• **MATERIALS PROVIDED**
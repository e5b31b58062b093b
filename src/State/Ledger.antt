-- ===== src/State/Ledger.antt =====
-- The invariants of the ledger (src/state.py): no address twice, no balance of 0; and what each
-- method does to the sum of the balances.
use lapsecoin.Prelude.{ℕ, ◌+◌, ◌-◌, ◌<◌, String, ◌≡◌, [], ◌∷◌, arith}
use lapsecoin.Prelude.Int.{ℤ, pos, pos_part, ◌+ℤ◌, int_laws}
use lapsecoin.Prelude.Result.{ok}
use lapsecoin.Dict.{Dict, lookup, insert, erase, IsKeyed, insert-IsKeyed, erase-IsKeyed}
use lapsecoin.State.{State, get_or, settle, credit, debit}

-- The sum of a table of balances.
abbrev pub sum : Dict ℕ → ℕ
sum [] = 0
sum ((_, v) ∷ d) = v + sum d

-- Every entry is a real holder.
abbrev pub AllPositive : Dict ℕ → Type 0
AllPositive [] = Unit
AllPositive ((_, v) ∷ d) = (0 < v) × AllPositive d

pub sum-insert :
    (k : String) (v : ℕ) (d : Dict ℕ) → sum (insert k v d) + get_or (lookup k d) 0 ≡ sum d + v
sum-insert k v [] = omega arith
sum-insert k v ((i, w) ∷ d) = ground (arith, sum-insert k v d)

pub sum-erase : (k : String) (d : Dict ℕ) → sum (erase k d) + get_or (lookup k d) 0 ≡ sum d
sum-erase k [] = omega arith
sum-erase k ((i, w) ∷ d) = ground (arith, sum-erase k d)

pub sum-settle :
    (k : String) (v : ℕ) (d : Dict ℕ) → sum (settle k v d) + get_or (lookup k d) 0 ≡ sum d + v
sum-settle k v d = ground (arith, sum-insert k v d, sum-erase k d)

insert-AllPositive :
    (k : String) (v : ℕ) (d : Dict ℕ) → 0 < v → AllPositive d → AllPositive (insert k v d)
insert-AllPositive k v [] p h = (p, tt)
insert-AllPositive k v ((i, w) ∷ d) p h = ground (arith, insert-AllPositive k v d p h.1)

erase-AllPositive : (k : String) (d : Dict ℕ) → AllPositive d → AllPositive (erase k d)
erase-AllPositive k [] h = tt
erase-AllPositive k ((i, w) ∷ d) h = ground (arith, erase-AllPositive k d h.1)

pub record IsLedger (s : State) : Type 0 where
  pub keyed : IsKeyed s.balances
  pub positive : AllPositive s.balances

abbrev pub supply : State → ℕ
supply s = sum s.balances

pub credit-IsLedger :
    (a : String) (z : ℤ) (s : State) {s' : State} → IsLedger s → credit a z s ≡ ok s' → IsLedger s'
unfolding credit
credit-IsLedger a z s h e = ground (
  arith,
  insert-IsKeyed a (get_or (lookup a s.balances) 0 + pos_part z) s.balances h.keyed,
  insert-AllPositive a (get_or (lookup a s.balances) 0 + pos_part z) s.balances,
)

pub debit-IsLedger :
    (a : String) (z : ℤ) (s : State) {s' : State} → IsLedger s → debit a z s ≡ ok s' → IsLedger s'
unfolding debit
debit-IsLedger a z s h e = ground (
  arith,
  insert-IsKeyed a (get_or (lookup a s.balances) 0 - pos_part z) s.balances h.keyed,
  insert-AllPositive a (get_or (lookup a s.balances) 0 - pos_part z) s.balances,
  erase-IsKeyed a s.balances h.keyed,
  erase-AllPositive a s.balances h.positive,
)

pub supply-credit :
    (a : String) (z : ℤ) (s : State) {s' : State}
    → credit a z s ≡ ok s'
    → pos (supply s') ≡ pos (supply s) +ℤ z
unfolding credit
supply-credit a z s e =
    grind (int_laws, sum-insert a (get_or (lookup a s.balances) 0 + pos_part z) s.balances)

pub supply-debit :
    (a : String) (z : ℤ) (s : State) {s' : State}
    → debit a z s ≡ ok s'
    → pos (supply s') +ℤ z ≡ pos (supply s)
unfolding debit
supply-debit a z s e =
    grind (int_laws, sum-settle a (get_or (lookup a s.balances) 0 - pos_part z) s.balances)
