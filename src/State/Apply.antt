-- ===== src/State/Apply.antt =====
-- What `apply_tx` and `apply_reward_distribution` of src/state.py do to the ledger as a whole.
use lapsecoin.Prelude.{sym, ◌∙◌, String, ◌≡◌, Bool, arith}
use lapsecoin.Prelude.Int.{ℤ, pos, ◌+ℤ◌, int_laws}
use lapsecoin.Prelude.Result.{ok, ◌>>=◌, >>=-eq-ok}
use lapsecoin.Json.{Json, Items, nil, cons, Fields}
use lapsecoin.Tx.{addr_of, amount_of, sum_amounts, sender, outputs, int_field, is_board_post}
use lapsecoin.State.{State, count_post, credit, debit, set_nonce, credit_outputs, apply_tx}
use lapsecoin.State.Ledger.{
  IsLedger, supply, credit-IsLedger, debit-IsLedger, supply-credit, supply-debit,
}

credit_outputs-IsLedger :
    (os : Items) (s : State) {s' : State} → IsLedger s → credit_outputs os s ≡ ok s' → IsLedger s'
unfolding credit_outputs
credit_outputs-IsLedger nil s h e = grind arith
credit_outputs-IsLedger (cons o os) s h e =
    grind (arith, credit-IsLedger, credit_outputs-IsLedger os)

-- One round of the loop that went through.
pub record Credited (o : Json) (os : Items) (s s' : State) : Type 0 where
  pub addr : String
  pub amount : ℤ
  pub next : State
  pub addr-eq : addr_of o ≡ ok addr
  pub amount-eq : amount_of o ≡ ok amount
  pub paid : credit addr amount s ≡ ok next
  pub rest : credit_outputs os next ≡ ok s'

pub credit_outputs-Credited :
    (o : Json) (os : Items) (s : State) {s' : State}
    → credit_outputs (cons o os) s ≡ ok s'
    → Credited o os s s'
unfolding credit_outputs
credit_outputs-Credited o os s e =
    let (a, e0, r0) = >>=-eq-ok (addr_of o) _ e in
    let (z, e1, r1) = >>=-eq-ok (amount_of o) _ r0 in
    let (next, e2, r2) = >>=-eq-ok (credit a z s) _ r1 in
    record { addr = a; amount = z; next = next; addr-eq = e0; amount-eq = e1; paid = e2; rest = r2 }

sum_amounts-cons :
    (o : Json) (os : Items) (z : ℤ)
    → amount_of o ≡ ok z
    → sum_amounts (cons o os) ≡ (do r ← sum_amounts os; ok (z +ℤ r))
unfolding sum_amounts
sum_amounts-cons o os z e = rw e

supply-credit_outputs :
    (os : Items) (s : State) {s' : State} {z : ℤ}
    → credit_outputs os s ≡ ok s'
    → sum_amounts os ≡ ok z
    → pos (supply s') ≡ pos (supply s) +ℤ z
unfolding credit_outputs sum_amounts
supply-credit_outputs nil s e f = grind int_laws
supply-credit_outputs (cons o os) s {s' = s'} {z = z} e f =
    let k : Credited o os s s' = credit_outputs-Credited o os s e in
    let (r, f0, f1) =
      >>=-eq-ok (sum_amounts os) _ (sym (sum_amounts-cons o os k.amount k.amount-eq) ∙ f) in
    grind
      (int_laws, supply-credit k.addr k.amount s k.paid, supply-credit_outputs os k.next k.rest f0)

-- A transaction that went through, and the state after each part of it.
pub record Applied (tx : Fields) (s s' : State) : Type 0 where
  pub from : String
  pub os : Items
  pub total_out : ℤ
  pub fee : ℤ
  pub nonce : ℤ
  pub post : Bool
  pub debited : State
  pub credited : State
  pub from-eq : sender tx ≡ ok from
  pub os-eq : outputs tx ≡ ok os
  pub total_out-eq : sum_amounts os ≡ ok total_out
  pub fee-eq : int_field "fee" tx ≡ ok fee
  pub nonce-eq : int_field "nonce" tx ≡ ok nonce
  pub post-eq : is_board_post tx ≡ ok post
  pub debit-eq : debit from (total_out +ℤ fee) s ≡ ok debited
  pub credit-eq : credit_outputs os debited ≡ ok credited
  pub final-eq : ok (count_post post (set_nonce from nonce credited)) ≡ ok s'

pub apply_tx-Applied :
    (tx : Fields) (s : State) {s' : State} → apply_tx tx s ≡ ok s' → Applied tx s s'
unfolding apply_tx
apply_tx-Applied tx s e =
    let (from, e0, r0) = >>=-eq-ok (sender tx) _ e in
    let (os, e1, r1) = >>=-eq-ok (outputs tx) _ r0 in
    let (total, e2, r2) = >>=-eq-ok (sum_amounts os) _ r1 in
    let (fee, e3, r3) = >>=-eq-ok (int_field "fee" tx) _ r2 in
    let (debited, e4, r4) = >>=-eq-ok (debit from (total +ℤ fee) s) _ r3 in
    let (credited, e5, r5) = >>=-eq-ok (credit_outputs os debited) _ r4 in
    let (nonce, e6, r6) = >>=-eq-ok (int_field "nonce" tx) _ r5 in
    let (post, e7, r7) = >>=-eq-ok (is_board_post tx) _ r6 in
    record {
      from = from;
      os = os;
      total_out = total;
      fee = fee;
      nonce = nonce;
      post = post;
      debited = debited;
      credited = credited;
      from-eq = e0;
      os-eq = e1;
      total_out-eq = e2;
      fee-eq = e3;
      nonce-eq = e6;
      post-eq = e7;
      debit-eq = e4;
      credit-eq = e5;
      final-eq = r7;
    }

count_post-IsLedger :
    (p : Bool) (a : String) (n : ℤ) (s : State) {s' : State}
    → IsLedger s
    → ok (count_post p (set_nonce a n s)) ≡ ok s'
    → IsLedger s'
unfolding set_nonce
count_post-IsLedger p a n s h e = ground arith

supply-count_post :
    (p : Bool) (a : String) (n : ℤ) (s : State) {s' : State}
    → ok (count_post p (set_nonce a n s)) ≡ ok s'
    → supply s' ≡ supply s
unfolding set_nonce
supply-count_post p a n s e = ground arith

-- An applied transaction leaves a well-formed ledger well formed: no address twice, no balance of
-- 0.
pub apply_tx-IsLedger :
    (tx : Fields) (s : State) {s' : State} → IsLedger s → apply_tx tx s ≡ ok s' → IsLedger s'
apply_tx-IsLedger tx s {s' = s'} h e =
    let k : Applied tx s s' = apply_tx-Applied tx s e in
    let d : IsLedger k.debited = debit-IsLedger k.from (k.total_out +ℤ k.fee) s h k.debit-eq in
    count_post-IsLedger k.post k.from k.nonce k.credited
      (credit_outputs-IsLedger k.os k.debited d k.credit-eq) k.final-eq

-- An applied transaction lowers the sum of all balances by exactly its fee.
pub supply-apply_tx :
    (tx : Fields) (s : State) {s' : State} {fee : ℤ}
    → apply_tx tx s ≡ ok s'
    → int_field "fee" tx ≡ ok fee
    → pos (supply s') +ℤ fee ≡ pos (supply s)
supply-apply_tx tx s {s' = s'} {fee = fee} e f =
    let k : Applied tx s s' = apply_tx-Applied tx s e in
    let same : k.fee ≡ fee = cc k.fee-eq in
    grind (
      int_laws,
      supply-debit k.from (k.total_out +ℤ k.fee) s k.debit-eq,
      supply-credit_outputs k.os k.debited k.credit-eq k.total_out-eq,
      supply-count_post k.post k.from k.nonce k.credited k.final-eq,
    )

• **EXERCISE GOAL**
Using the entries above, give back exactly the line containing "amount = z;", the line containing "supply-credit_outputs nil s", and every line between them, and nothing else.

• **SOLUTION TO THE PROBLEM**
    record { addr = a; amount = z; next = next; addr-eq = e0; amount-eq = e1; paid = e2; rest = r2 }

sum_amounts-cons :
    (o : Json) (os : Items) (z : ℤ)
    → amount_of o ≡ ok z
    → sum_amounts (cons o os) ≡ (do r ← sum_amounts os; ok (z +ℤ r))
unfolding sum_amounts
sum_amounts-cons o os z e = rw e

supply-credit_outputs :
    (os : Items) (s : State) {s' : State} {z : ℤ}
    → credit_outputs os s ≡ ok s'
    → sum_amounts os ≡ ok z
    → pos (supply s') ≡ pos (supply s) +ℤ z
unfolding credit_outputs sum_amounts
supply-credit_outputs nil s e f = grind int_laws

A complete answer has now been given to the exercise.